So, this left John York with a particularly hard choice. With the bedroom window open he could observe at what time the old man did chose to retire, and even perhaps his activities prior to laying down for the night, but more importantly he wanted to know where that little pink boxster went to each night. With the decision made, he packed up his high powered binoculars and headed to his car. As noted earlier, it was quite a hike, but he would have to do it at a rapid pace if he was going to make it.

Forty five minutes later and he sat quietly with his headlights off, on the side of the road. The pattern of what time she left and in what direction had been the same for the past few nights. Knowing this allowed John York the rare opportunity of not waiting long. Five minutes after picking his spot, he saw the unique headlights of the little Porsche coming up behind him. As she passed he began to follow. It was now a little after 9 and the roads were busy but not packed. This made keeping track of her car more difficult as she carelessly cut people off and sped around semi’s. Usually, John York took care to ensure that there was no chance the person could figure out he was following them. With Scarlet, such precautions were totally unnecessary. She didn’t seem to notice anyone or anything on the road. Given her driving habits, John York would have put her life expectancy on par with that of Mr. McMaster. If Barnaby had seen her drive, he thought, maybe he wouldn’t have been so worried.

The neighborhood in which he now found himself was very different from the one they had left. Apartments were everywhere, people and litter lined the streets as they drove by pawn, smoke, and liquor shops. The car pulled up to one side of a yellow rundown duplex that sat back no more than 5 feet from the street. There was no shortage of vagrants throughout the neighborhoods but there was a particular gathering outside the home she pulled up to, as if they had been waiting for her.

As she pulled up they gathered around. Two questions instantly came to John York. One was how her car stayed unstolen in this neighborhood and more prominent on his mind, why the conflagration of homeless acting as a greeting party. John York could see the disdain in Scarlet’s eyes as she walked out of the car.

“What you got for us tonight Ms. Honey?” one of them called out.

Her hands were filled with shopping bags and she carefully selected two bags and handed them over. “You know the deal. Keep the car safe.” The group crowded around the bags and began to riffle through the contents as Ms. Honey went inside.

Given how generous Master McMaster seemed to be with his money he was surprised to see his girlfriend living in such conditions. Especially since two guests homes remained unoccupied.

As he thought his eyes caught a beautiful sight just down the street, an A&W sign. A smile kept across his face. Tonight he would get to do two things he loved, drink root beer floats, and interview the homeless. A pretty good way to spend his last night as John York.

Friday, November 8, 2019

Chapter 11- The Wedding Night



(As always if you are new to the book here are links to the earlier chapters, Chapter 1Chapter 2Chapter 3 Chapter 4Chapter 5, Chapter 6, Chapter 7, Chapter 8, Chapter 9 and Chapter 10).

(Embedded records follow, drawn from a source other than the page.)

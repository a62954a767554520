-- ===== src/RateLimit/TokenBucket.antt =====
-- internal/ratelimit/token_bucket.go. The channel `tokens` is its number of elements, with `burst`
-- places. Of the ticker and the channel `done` the bucket keeps whether the one runs and the other is
-- closed; of the goroutine `refill`, whether it runs and whether it holds a tick. A nil bucket is `none`.
pub mod New
use go_mini_gateway.Common.{
  ℕ, zero, suc, ◌+◌, ◌-◌, ◌/◌, ℤ, pos, pos_part, leb_ℤ, ltb, leb, ◌==◌, Bool, true, false, ◌&&◌,
  not, Option, none, some, [], Text, second, if◌then◌else◌,
}

pub record TokenBucket : Type 0 where
  pub name : Text
  pub rate : ℕ
  pub burst : ℕ
  pub tokens : ℕ
  pub period : ℕ
  pub ticking : Bool
  pub done : Bool
  pub refilling : Bool
  pub has_tick : Bool

-- `NewTokenBucket` returns nil or a bucket; `time.NewTicker` panics when the period is not positive.
pub data Created : Type 0 where
  created : Option TokenBucket → Created
  panicked : Created

-- `for i := 0; i < burst; i++ { b.tokens <- struct{}{} }`, with the rounds left.
fill : ℕ → TokenBucket → TokenBucket
fill zero b = b
fill (suc rounds) b = fill rounds (record b { tokens = b.tokens + 1 })

start : Text → ℕ → ℕ → Created
unfolding fill
start name rate burst =
    if second / rate == 0
    then panicked
    else created (
        some (
          fill burst (record {
            name = name;
            rate = rate;
            burst = burst;
            tokens = 0;
            period = second / rate;
            ticking = true;
            done = false;
            refilling = true;
            has_tick = false;
          })))

unfoldable pub new_token_bucket : Text → ℤ → ℤ → Created
unfolding start
new_token_bucket name rate burst =
    if leb_ℤ rate (pos 0)
    then created none
    else if leb_ℤ burst (pos 0)
    then created none
    else start name (pos_part rate) (pos_part burst)

take_token : TokenBucket → TokenBucket × Bool
take_token b = if ltb 0 b.tokens then (record b { tokens = b.tokens - 1 }, true) else (b, false)

unfoldable pub allow : Option TokenBucket → Option TokenBucket × Bool
unfolding take_token
allow none = (none, true)
allow (some b) = let (b', ok) = take_token b in (some b', ok)

-- `once.Do` runs its function in the first call alone; `done` is closed nowhere else.
unfoldable pub close : Option TokenBucket → Option TokenBucket
close none = none
close (some b) = if b.done then some b else some (record b { ticking = false; done = true })

-- `refill` receives a tick: the ticker runs, since none is received after `Stop`.
unfoldable pub can_receive : TokenBucket → Bool
can_receive b = b.refilling && not b.has_tick && b.ticking

unfoldable pub receive_tick : TokenBucket → TokenBucket
receive_tick b = record b { has_tick = true }

-- The inner `select`: a send that does not block.
unfoldable pub add_token : TokenBucket → TokenBucket
add_token b =
    if ltb b.tokens b.burst
    then record b { tokens = b.tokens + 1; has_tick = false }
    else record b { has_tick = false }

-- `case <-b.done: return`
unfoldable pub can_exit : TokenBucket → Bool
can_exit b = b.refilling && not b.has_tick && b.done

unfoldable pub exit_refill : TokenBucket → TokenBucket
exit_refill b = record b { refilling = false }

pub record SnapShot : Type 0 where
  pub name : Text
  pub rate : ℕ
  pub burst : ℕ
  pub available_tokens : ℕ

unfoldable pub snapshot : Option TokenBucket → SnapShot
snapshot none = record { name = []; rate = 0; burst = 0; available_tokens = 0 }
snapshot (some b) = record {
  name = b.name;
  rate = b.rate;
  burst = b.burst;
  available_tokens = b.tokens;
}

Byron awoke to see a bright light shining ahead of him. He would have assumed he was dead except for the paramedic standing behind it.

“Oh good, you’re not dead. I thought I was going to be the world's fastest widow.” Came the voice of Julie standing behind the paramedic.

“I don’t know, I’ve seen some pretty fast widows.” said Byron with a weak smile.

“Glad to see that the trauma of our wedding didn’t damage your sense of humor.”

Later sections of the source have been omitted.